[ENTRIES SUPPLIED]
↓↓↓
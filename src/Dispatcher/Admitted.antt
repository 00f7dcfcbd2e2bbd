-- ===== src/Dispatcher/Admitted.antt =====
-- A submission and the turn of the dispatcher that serves it; and a job that a stopping worker has taken.
use mathlib.Core.Path.{subst}
use talki_llm_admission_sche.Base.{
  ℕ, zero, suc, ◌+◌, ◌≤◌, ◌<◌, arith, ◌≡◌, refl, sym, ap, ◌∙◌, true, false, Bool-cases, inl, inr,
  Option, none, some, [], ◌∷◌, String, str_eq,
}
use talki_llm_admission_sche.Base.Int.{ℤ, pos, leb_ℤ}
use talki_llm_admission_sche.Base.Decimal.{str}
use talki_llm_admission_sche.Config.{AppConfig, ModelConfig, model_config_for}
use talki_llm_admission_sche.Keys.{job, queue, seq, idem, update}
use talki_llm_admission_sche.Redis.{
  World, Keyspace, Server, IsRedis, IsRedis-eq, calm, effect, incr, is_some, documented, ok, M,
  pure,
}
use talki_llm_admission_sche.Redis.Hash
use talki_llm_admission_sche.Redis.Zset
use talki_llm_admission_sche.Redis.Zset.{Zset}
use talki_llm_admission_sche.Scripts.Atomic.{depth, has_room, enqueued}
use talki_llm_admission_sche.Scripts.Joined.{IsPlain}
use talki_llm_admission_sche.Admission.{Submission, admit, given, effective_priority, job_fields}
use talki_llm_admission_sche.Admission.Submit.{
  recorded, key_kept, looked_up, sent_score, IsPlainSubmission,
}
use talki_llm_admission_sche.Admission.Outcomes.{admit_accepts}
use talki_llm_admission_sche.Dispatcher.{
  Worker, run_once, field, wait_for_slot_and_claim, claim_loop, after_claim, stopping, Claim,
  claimed, is_claimed, try_claim,
}
use talki_llm_admission_sche.Dispatcher.Progress.{bound, try_claim_full}
use talki_llm_admission_sche.Dispatcher.Served.{update_at, IsPriority, popped, run_once_item}
use talki_llm_admission_sche.Dispatcher.Outcome.{Finished, backend_answer, run_once-Finished}

module _ (sha : String → String) (job_id : String) (s : Keyspace) where
  key_kept-zsets : (k : Option String) → (key_kept sha k job_id s).zsets ≡ s.zsets
  key_kept-zsets none = refl
  key_kept-zsets (some k) = elim (Bool-cases (is_some (s.strings (idem (sha k))))) [
    | inl e ↦ rw e refl
    | inr e ↦ rw e refl
  ]

  key_kept-hashes : (k : Option String) → (key_kept sha k job_id s).hashes ≡ s.hashes
  key_kept-hashes none = refl
  key_kept-hashes (some k) = elim (Bool-cases (is_some (s.strings (idem (sha k))))) [
    | inl e ↦ rw e refl
    | inr e ↦ rw e refl
  ]

  key_kept-counters : (k : Option String) → (key_kept sha k job_id s).counters ≡ s.counters
  key_kept-counters none = refl
  key_kept-counters (some k) = elim (Bool-cases (is_some (s.strings (idem (sha k))))) [
    | inl e ↦ rw e refl
    | inr e ↦ rw e refl
  ]

-- The text of a number is its priority, if `int` reads what `str` writes.
str-IsPriority : (wk : Worker) (p : ℤ) → wk.parse_int (str p) ≡ some p → IsPriority wk (str p)
str-IsPriority wk p reads = elim (Bool-cases (str_eq (str p) "")) [
  | inl e ↦ inl e
  | inr e ↦ inr (e, p, reads)
]

module _ (srv : Server) (iso : ℕ → String) (ns : ℕ → ℕ) (sha : String → String) where
  -- What a submission leaves in Redis if it is accepted to an empty queue.
  module _ (r : Submission) (score : ℤ) (p : ℤ) (ts : String) (s : Keyspace) where
    abbrev entered : Keyspace
    entered =
        key_kept sha (given r.idempotency_key) r.job_id
          (enqueued r.model r.job_id score (job_fields r p ts) (effect (incr (seq r.model)) s))

    abbrev listed : Keyspace
    listed = enqueued r.model r.job_id score (job_fields r p ts) (effect (incr (seq r.model)) s)

    entered-queue :
        s.zsets (queue r.model) ≡ [] → entered.zsets (queue r.model) ≡ (score, r.job_id) ∷ []
    entered-queue empty =
        ap (λ z. z (queue r.model)) (key_kept-zsets sha r.job_id listed (given r.idempotency_key))
        ∙ update_at s.zsets (queue r.model) (Zset.add score r.job_id (s.zsets (queue r.model)))
        ∙ ap (Zset.add score r.job_id) empty

    entered-room : has_room r.model s ≡ true → has_room r.model entered ≡ true
    entered-room room =
        subst (λ c. has_room r.model (record s { counters = c }) ≡ true)
          (sym (key_kept-counters sha r.job_id listed (given r.idempotency_key))) room

    entered-priority :
        s.hashes (job r.job_id) ≡ [] → field "priority" (entered.hashes (job r.job_id)) ≡ str p
    entered-priority new =
        ap (λ h. field "priority" (h (job r.job_id)))
          (key_kept-hashes sha r.job_id listed (given r.idempotency_key))
        ∙ ap (field "priority") (
            update_at s.hashes (job r.job_id)
              (Hash.put_all (job_fields r p ts) (s.hashes (job r.job_id))))
        ∙ ap (λ h. field "priority" (Hash.put_all (job_fields r p ts) h)) new

  -- A submission to an empty queue, and then a turn of the worker of its model: the job ends with the status of the
  -- backend's answer, with nothing of it left in the queue, the leases and the slots. The conditions are those
  -- of a submission that is accepted and of a free slot; the job id is new, Redis does as documented, answers every
  -- command and serves no other client, the worker is not stopped, and `int` reads the priority as `str` writes it.
  pub admitted-Finished :
      (config : AppConfig) (r : Submission) (c : ModelConfig) (wk : Worker) (rounds : ℕ) (w : World)
      → IsRedis srv
      → model_config_for config r.model ≡ some c
      → recorded sha (given r.idempotency_key) w.keys ≡ none
      → leb_ℤ c.max_queue_depth (pos 0) ≡ false
      → IsPlainSubmission r
      → IsPlain (iso (suc (looked_up (given r.idempotency_key) w.step)))
      → w.keys.zsets (queue r.model) ≡ []
      → w.keys.hashes (job r.job_id) ≡ []
      → has_room r.model w.keys ≡ true
      → wk.model ≡ r.model
      → ((n : ℕ) → wk.stopped n ≡ false)
      → (let p = effective_priority r.priority c in wk.parse_int (str p) ≡ some p)
      → let w' = (admit (calm srv iso ns sha) config r w).1 in
        Finished wk r.job_id []
          (backend_answer iso ns sha wk r.job_id w')
          w'.keys
          (run_once (suc rounds) (calm srv iso ns sha) wk w').1.keys
  admitted-Finished config r c wk rounds w redis known unkeyed deep texts ts empty new room same
        going reads =
      let v = record w { step = looked_up (given r.idempotency_key) w.step } in
      let p = effective_priority r.priority c in
      let sent = sent_score iso ns sha c r v in
      let enough : leb_ℤ c.max_queue_depth (pos (depth r.model w.keys)) ≡ false = rw empty deep in
      let (q, o, keys) =
        admit_accepts srv iso ns sha config r c w redis known unkeyed enough texts ts in
      let w' = (admit (calm srv iso ns sha) config r w).1 in
      let at = iso (suc v.step) in
      run_once-Finished srv iso ns sha wk rounds sent r.job_id [] w' redis
        (ap (λ m. w'.keys.zsets (queue m)) same
          ∙ ap (λ s. s.zsets (queue r.model)) keys
          ∙ entered-queue r sent p at w.keys empty)
        (going (suc w'.step))
        (ap (λ m. has_room m w'.keys) same
          ∙ ap (has_room r.model) keys
          ∙ entered-room r sent p at w.keys room)
        (subst (IsPriority wk)
          (sym (
            ap (λ s. field "priority" (s.hashes (job r.job_id))) keys
            ∙ entered-priority r sent p at w.keys new))
          (str-IsPriority wk p reads))

module _ (iso : ℕ → String) (ns : ℕ → ℕ) (sha : String → String) (wk : Worker)
    (job_id : String) where
  -- The loop has ended as the worker is stopped, and has changed nothing.
  abbrev Stops : ℕ → World → Type 0
  Stops rounds w =
      (n : ℕ) × (claim_loop rounds (calm documented iso ns sha) wk job_id w
        ≡ (ok stopping, record w { step = n }))

  -- One more round without a free slot.
  waits_on :
      (rounds : ℕ) (w : World)
      → wk.stopped w.step ≡ false
      → has_room wk.model w.keys ≡ false
      → Stops rounds (record w { step = suc w.step })
      → Stops (suc rounds) w
  unfolding claim_loop
  waits_on rounds w going full later =
      let env = calm documented iso ns sha in
      let answered = λ (answer : Option ℕ). elim (is_claimed answer) as (λ _. M Claim) [
        | true ↦ pure claimed
        | false ↦ claim_loop rounds env wk job_id
      ] in
      (
        later.0,
        rw going (
            bound (try_claim env wk job_id (iso w.step)) answered w (record w { step = suc w.step })
              (some 0) (try_claim_full env wk job_id (iso w.step) (λ c s. refl) w refl full)
            ∙ later.1),
      )

  loop-Stops :
      (rounds k : ℕ) (w : World)
      → k ≤ rounds
      → wk.stopped (w.step + k) ≡ true
      → (0 < k → has_room wk.model w.keys ≡ false)
      → Stops (suc rounds) w
  unfolding claim_loop
  loop-Stops rounds zero w enough stop full =
      let now : wk.stopped w.step ≡ true = subst (λ n. wk.stopped n ≡ true) (omega arith) stop in
      (w.step, rw now refl)
  loop-Stops zero (suc k) w enough stop full = absurd (omega (arith, enough))
  loop-Stops (suc rounds) (suc k) w enough stop full = elim (Bool-cases (wk.stopped w.step)) [
    | inl e ↦ (w.step, rw e refl)
    | inr e ↦ waits_on (suc rounds) w e (full (omega arith)) (
        loop-Stops rounds k (record w { step = suc w.step }) (omega (arith, enough))
          (subst (λ n. wk.stopped n ≡ true) (omega arith) stop) (λ _. full (omega arith)))
  ]

  stopped_waiting :
      (rounds : ℕ) (w : World)
      → Stops rounds w
      → (wait_for_slot_and_claim rounds (calm documented iso ns sha) wk job_id w).1.keys ≡ w.keys
  unfolding wait_for_slot_and_claim after_claim
  stopped_waiting rounds w stops =
      ap (λ o. o.1.keys)
        (bound (claim_loop rounds (calm documented iso ns sha) wk job_id)
          (after_claim (calm documented iso ns sha) wk job_id) w (record w { step = stops.0 })
          stopping stops.1)

  stopped_turn :
      (rounds k : ℕ) (score : ℤ) (rest : Zset) (w : World)
      → w.keys.zsets (queue wk.model) ≡ (score, job_id) ∷ rest
      → k ≤ rounds
      → wk.stopped (suc w.step + k) ≡ true
      → (0 < k → has_room wk.model w.keys ≡ false)
      → (run_once (suc rounds) (calm documented iso ns sha) wk w).1.keys
        ≡ record w.keys { zsets = update w.keys.zsets (queue wk.model) rest }
  stopped_turn rounds k score rest w queued enough stop full =
      let start = record w { keys = popped iso ns sha wk w.keys; step = suc w.step } in
      ap (λ o. o.1.keys) (run_once_item iso ns sha wk (suc rounds) score job_id rest w queued)
      ∙ stopped_waiting (suc rounds) start (loop-Stops rounds k start enough stop full)
      ∙ ap (λ z. record w.keys { zsets = update w.keys.zsets (queue wk.model) (Zset.rest z) })
          queued

-- A worker that takes the next job and is stopped before it has claimed a slot, be it at once or after `k` rounds in
-- which no slot was free, leaves the job nowhere: it is out of the queue, and nothing else of the data has
-- changed, so that its hash still has the status that it had. Redis does as documented, answers every command and
-- serves no other client; and the loop may make more rounds than `k`.
pub run_once_stopped :
    (srv : Server) (iso : ℕ → String) (ns : ℕ → ℕ) (sha : String → String) (wk : Worker)
    (rounds k : ℕ) (score : ℤ) (job_id : String) (rest : Zset) (w : World)
    → IsRedis srv
    → w.keys.zsets (queue wk.model) ≡ (score, job_id) ∷ rest
    → k ≤ rounds
    → wk.stopped (suc w.step + k) ≡ true
    → (0 < k → has_room wk.model w.keys ≡ false)
    → let t = (run_once (suc rounds) (calm srv iso ns sha) wk w).1.keys in
      (t.zsets (queue wk.model) ≡ rest)
      × (t ≡ record w.keys { zsets = update w.keys.zsets (queue wk.model) rest })
run_once_stopped srv iso ns sha wk rounds k score job_id rest w redis queued enough stop full =
    let t = (run_once (suc rounds) (calm srv iso ns sha) wk w).1.keys in
    let left = record w.keys { zsets = update w.keys.zsets (queue wk.model) rest } in
    let same : t ≡ left =
      subst (λ r. (run_once (suc rounds) (calm r iso ns sha) wk w).1.keys ≡ left)
        (sym (IsRedis-eq redis))
        (stopped_turn iso ns sha wk job_id rounds k score rest w queued enough stop full) in
    (ap (λ s. s.zsets (queue wk.model)) same ∙ update_at w.keys.zsets (queue wk.model) rest, same)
↑↑↑
[TASK DESCRIPTION] Retype only the lines running from the line with "let left = record" to the end of the listing, including both of those lines.

[SOLUTION FOR THIS PROBLEM]
    let left = record w.keys { zsets = update w.keys.zsets (queue wk.model) rest } in
    let same : t ≡ left =
      subst (λ r. (run_once (suc rounds) (calm r iso ns sha) wk w).1.keys ≡ left)
        (sym (IsRedis-eq redis))
        (stopped_turn iso ns sha wk job_id rounds k score rest w queued enough stop full) in
    (ap (λ s. s.zsets (queue wk.model)) same ∙ update_at w.keys.zsets (queue wk.model) rest, same)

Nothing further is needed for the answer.